We are testing data analysis services that do have good enough security protections, and MindStudio is also working towards SOC classification. In the meantime, we decided to focus on AI tools that are not dependent on sensitive confidential information.

Disclaimers

These tools are based on generative artificial intelligence (AI) using Large Language Models (LLMs). The world of LLMs is changing rapidly, and not even AI researchers understand how LLMs actually work. When you use these tools, you need to know that they are unpredictable and often inaccurate.

Every time you use an LLM to ask a complex open-ended question you will get a different answer. Even narrow 'fact based' questions will often result in different, possibly inaccurate results, and you won't know which responses are correct and which are not.

"Because you cannot rely on LLMs to provide correct responses, and you cannot generate a confidence score for any given response, you have to either accept potential inaccuracies (which makes sense in many cases, humans are wrong sometimes too) or keep a Human-in-the-Loop (HITL) to validate the response." From https://lethain.com/mental-model-for-how-to-use-llms-in-products/ .

It is essential to keep a human in the loop, which means that you or another human must check responses to ensure they are good enough to use. That doesn't mean the responses must be perfectly correct; they just need to be good enough to be helpful and not harmful. For example, if you want to know more about 'human in the loop' or 'LLM', just ask any of the good GPTs available for free (like Bing Copilot in 'precise mode).

For our evaluation tools, we have tried to prevent inaccurate or unhelpful or harmful results in several ways:

We developed a basic evaluation framework and design approach for the evaluation planning apps. The framework defines the common elements of evaluations that will have a positive impact on participants and service providers. By targeting common, basic elements of effective evaluations the app is unlikely to recommend irrelevant or needlessly expensive methodologies.
We broke down each step into individual tasks, with each task having a different prompt or function. For example, one step scrapes a web page about a program, extracts the text, and saves it into a variable. The next step analyzes the text to summarize the program. By using separate defined tasks, the LLM has less room to hallucinate and is more likely to be accurate.
We tested each step using a less capable and inexpensive LLM (Claude 3 Haiku, which is still amazing) to identify mistakes and misunderstandings that could be fixed with more precise prompting. Then we often switched to a more capable (and expensive) LLM like GPT-4 Turbo for actual use, to provide more accurate and helpful answers.
We built in some automated review and correction within the app itself to reduce errors.
We ask users to copy and paste the results into a document for review, acting as a 'human in the loop'.
Most of the evaluation effort should be in communicating with participants, stakeholders and decision-makers, exploring emerging findings with them and coming to shared conclusions about how to improve services. That process in itself will reduce the risk of inaccuracies.

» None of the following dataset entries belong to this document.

-- ===== src/Audit/Payload.antt =====
-- core/events.py, AuditEvent.canonical_json, and audit/chain.py, event_from_payload: an event as a
-- JSON object and back. The JSON library and the conversions of Python are parameters.
pub mod Roundtrip
use headofcontext.Prelude.{
  ℕ, ◌≡◌, String, Option, none, some, List, [], ◌∷◌, lookup, Dict, ◌==◌, if◌then◌else◌,
}
use headofcontext.Prelude.Int.{ℤ}
use headofcontext.Core.Errors.{other, Result, ok, err, ◌>>=◌}
use headofcontext.Core.Events.{
  EventKind, decision, token_issued, token_delegated, token_revoked, memory_written, memory_read,
  approval_requested, approval_resolved, approval_consumed, approval_notify_failed, mandate_created,
  mandate_revoked, mandate_expired, read_filtered, tools_listed, connector_synced, AuditEvent,
}

-- A value of a JSON object that is no object or list; `real` is a float, in the unit of a latency.
pub data Scalar : Type 0 where
  null : Scalar
  text : String → Scalar
  number real : ℕ → Scalar

-- `json.dumps` with sorted keys and `json.loads`, `datetime.isoformat` and `fromisoformat`, and
-- Python's `int`, `float` and `str` on a scalar.
pub record Json : Type 0 where
  pub dumps : Dict Scalar → String
  pub loads : String → Result (Dict Scalar)
  pub isoformat : ℤ → String
  pub fromisoformat : String → Result ℤ
  pub int : Scalar → Result ℕ
  pub float : Scalar → Result ℕ
  pub str : Scalar → String

-- `str(kind)`, and `EventKind(text)`, which raises for any other text.
unfoldable pub event_kind_text : EventKind → String
event_kind_text decision = "decision"
event_kind_text token_issued = "token_issued"
event_kind_text token_delegated = "token_delegated"
event_kind_text token_revoked = "token_revoked"
event_kind_text memory_written = "memory_written"
event_kind_text memory_read = "memory_read"
event_kind_text approval_requested = "approval_requested"
event_kind_text approval_resolved = "approval_resolved"
event_kind_text approval_consumed = "approval_consumed"
event_kind_text approval_notify_failed = "approval_notify_failed"
event_kind_text mandate_created = "mandate_created"
event_kind_text mandate_revoked = "mandate_revoked"
event_kind_text mandate_expired = "mandate_expired"
event_kind_text read_filtered = "read_filtered"
event_kind_text tools_listed = "tools_listed"
event_kind_text connector_synced = "connector_synced"

abbrev pub event_kinds : List EventKind
event_kinds =
    decision ∷ token_issued ∷ token_delegated ∷ token_revoked ∷ memory_written ∷ memory_read
    ∷ approval_requested ∷ approval_resolved ∷ approval_consumed ∷ approval_notify_failed
    ∷ mandate_created ∷ mandate_revoked ∷ mandate_expired ∷ read_filtered ∷ tools_listed
    ∷ connector_synced ∷ []

abbrev pub kind_among : List EventKind → String → Result EventKind
kind_among [] s = err other
kind_among (k ∷ rest) s = if event_kind_text k == s then ok k else kind_among rest s

-- A text field; the code takes what the payload holds there, and another scalar, which no event
-- has there, is read as an error.
abbrev pub as_text : Scalar → Result String
as_text (text s) = ok s
as_text null = err other
as_text (number n) = err other
as_text (real n) = err other

-- An optional text field, as `data.get(name)` gives it.
abbrev pub as_optional : Option Scalar → Result (Option String)
as_optional none = ok none
as_optional (some null) = ok none
as_optional (some (text s)) = ok (some s)
as_optional (some (number n)) = err other
as_optional (some (real n)) = err other

abbrev pub of_optional : Option String → Scalar
of_optional none = null
of_optional (some s) = text s

-- `data[name]`, which raises if it is missing.
abbrev pub required : Option Scalar → Result Scalar
required none = err other
required (some v) = ok v

module _ (json : Json) where
  -- `asdict(self)`, in the order of the sorted keys.
  unfoldable pub asdict : AuditEvent → Dict Scalar
  asdict e =
      ("action", text e.action)
      ∷ ("actor", text e.actor)
      ∷ ("args_hash", of_optional e.args_hash)
      ∷ ("decision_id", of_optional e.decision_id)
      ∷ ("delegation_depth", number e.delegation_depth)
      ∷ ("engine_latency_ms", real e.engine_latency_ms)
      ∷ ("event_id", text e.event_id)
      ∷ ("kind", text (event_kind_text e.kind))
      ∷ ("outcome", text e.outcome)
      ∷ ("reason", text e.reason)
      ∷ ("resource", text e.resource)
      ∷ ("subject", text e.subject)
      ∷ ("timestamp", text (json.isoformat e.timestamp))
      ∷ ("token_fingerprint", of_optional e.token_fingerprint)
      ∷ []

  unfoldable pub canonical_json : AuditEvent → String
  unfolding asdict
  canonical_json e = json.dumps (asdict e)

  -- What the libraries document, for one event: its object, its time and its numbers are read
  -- back, and a text shows as itself.
  pub record ReadsBack (e : AuditEvent) : Type 0 where
    pub loads_dumps : json.loads (json.dumps (asdict e)) ≡ ok (asdict e)
    pub fromisoformat_isoformat : json.fromisoformat (json.isoformat e.timestamp) ≡ ok e.timestamp
    pub int_number : json.int (number e.delegation_depth) ≡ ok e.delegation_depth
    pub str_text : (s : String) → json.str (text s) ≡ s
    pub float_real : json.float (real e.engine_latency_ms) ≡ ok e.engine_latency_ms

  abbrev pub text_at : String → Dict Scalar → Result String
  text_at name fields = do v ← required (lookup name fields); as_text v

  abbrev pub kind_at : Dict Scalar → Result EventKind
  kind_at fields = do s ← text_at "kind" fields; kind_among event_kinds s

  abbrev pub time_at : Dict Scalar → Result ℤ
  time_at fields = do s ← text_at "timestamp" fields; json.fromisoformat s

  abbrev pub depth_at : Dict Scalar → Result ℕ
  depth_at fields = do v ← required (lookup "delegation_depth" fields); json.int v

  abbrev pub latency_at : Dict Scalar → Result ℕ
  latency_at fields = do v ← required (lookup "engine_latency_ms" fields); json.float v

  unfoldable pub event_of_fields : Dict Scalar → Result AuditEvent
  event_of_fields fields = do
    kind ← kind_at fields
    timestamp ← time_at fields
    subject ← text_at "subject" fields
    actor ← text_at "actor" fields
    delegation_depth ← depth_at fields
    action ← text_at "action" fields
    resource ← text_at "resource" fields
    outcome ← text_at "outcome" fields
    reason ← text_at "reason" fields
    engine_latency_ms ← latency_at fields
    token_fingerprint ← as_optional (lookup "token_fingerprint" fields)
    args_hash ← as_optional (lookup "args_hash" fields)
    decision_id ← as_optional (lookup "decision_id" fields)
    event_id ← text_at "event_id" fields
    ok (record {
      kind = kind;
      timestamp = timestamp;
      subject = subject;
      actor = actor;
      delegation_depth = delegation_depth;
      action = action;
      resource = resource;
      outcome = outcome;
      reason = reason;
      engine_latency_ms = engine_latency_ms;
      token_fingerprint = token_fingerprint;
      args_hash = args_hash;
      decision_id = decision_id;
      event_id = event_id;
    })

  unfoldable pub event_from_payload : String → Result AuditEvent
  unfolding event_of_fields
  event_from_payload payload = do fields ← json.loads payload; event_of_fields fields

That said, the accuracy of the app will be the result of a collaboration between you and the LLMs. It is definitely possible to interact with it in a way that delivers bad results. Users are responsible for the final result and how they use it. There is no other way to manage LLMs at this stage of development.

On the other hand, LLMs are an incredibly useful resource. It's like working with a weird intern who is astoundingly knowledgeable in some areas and completely without judgement in other areas - and you don't know which until you ask them to do something - and then they improve by the next month anyway. They need close supervision but can help you do a lot more than you could by yourself. Use with care but also (we suggest) use with an appreciation of how helpful they can be.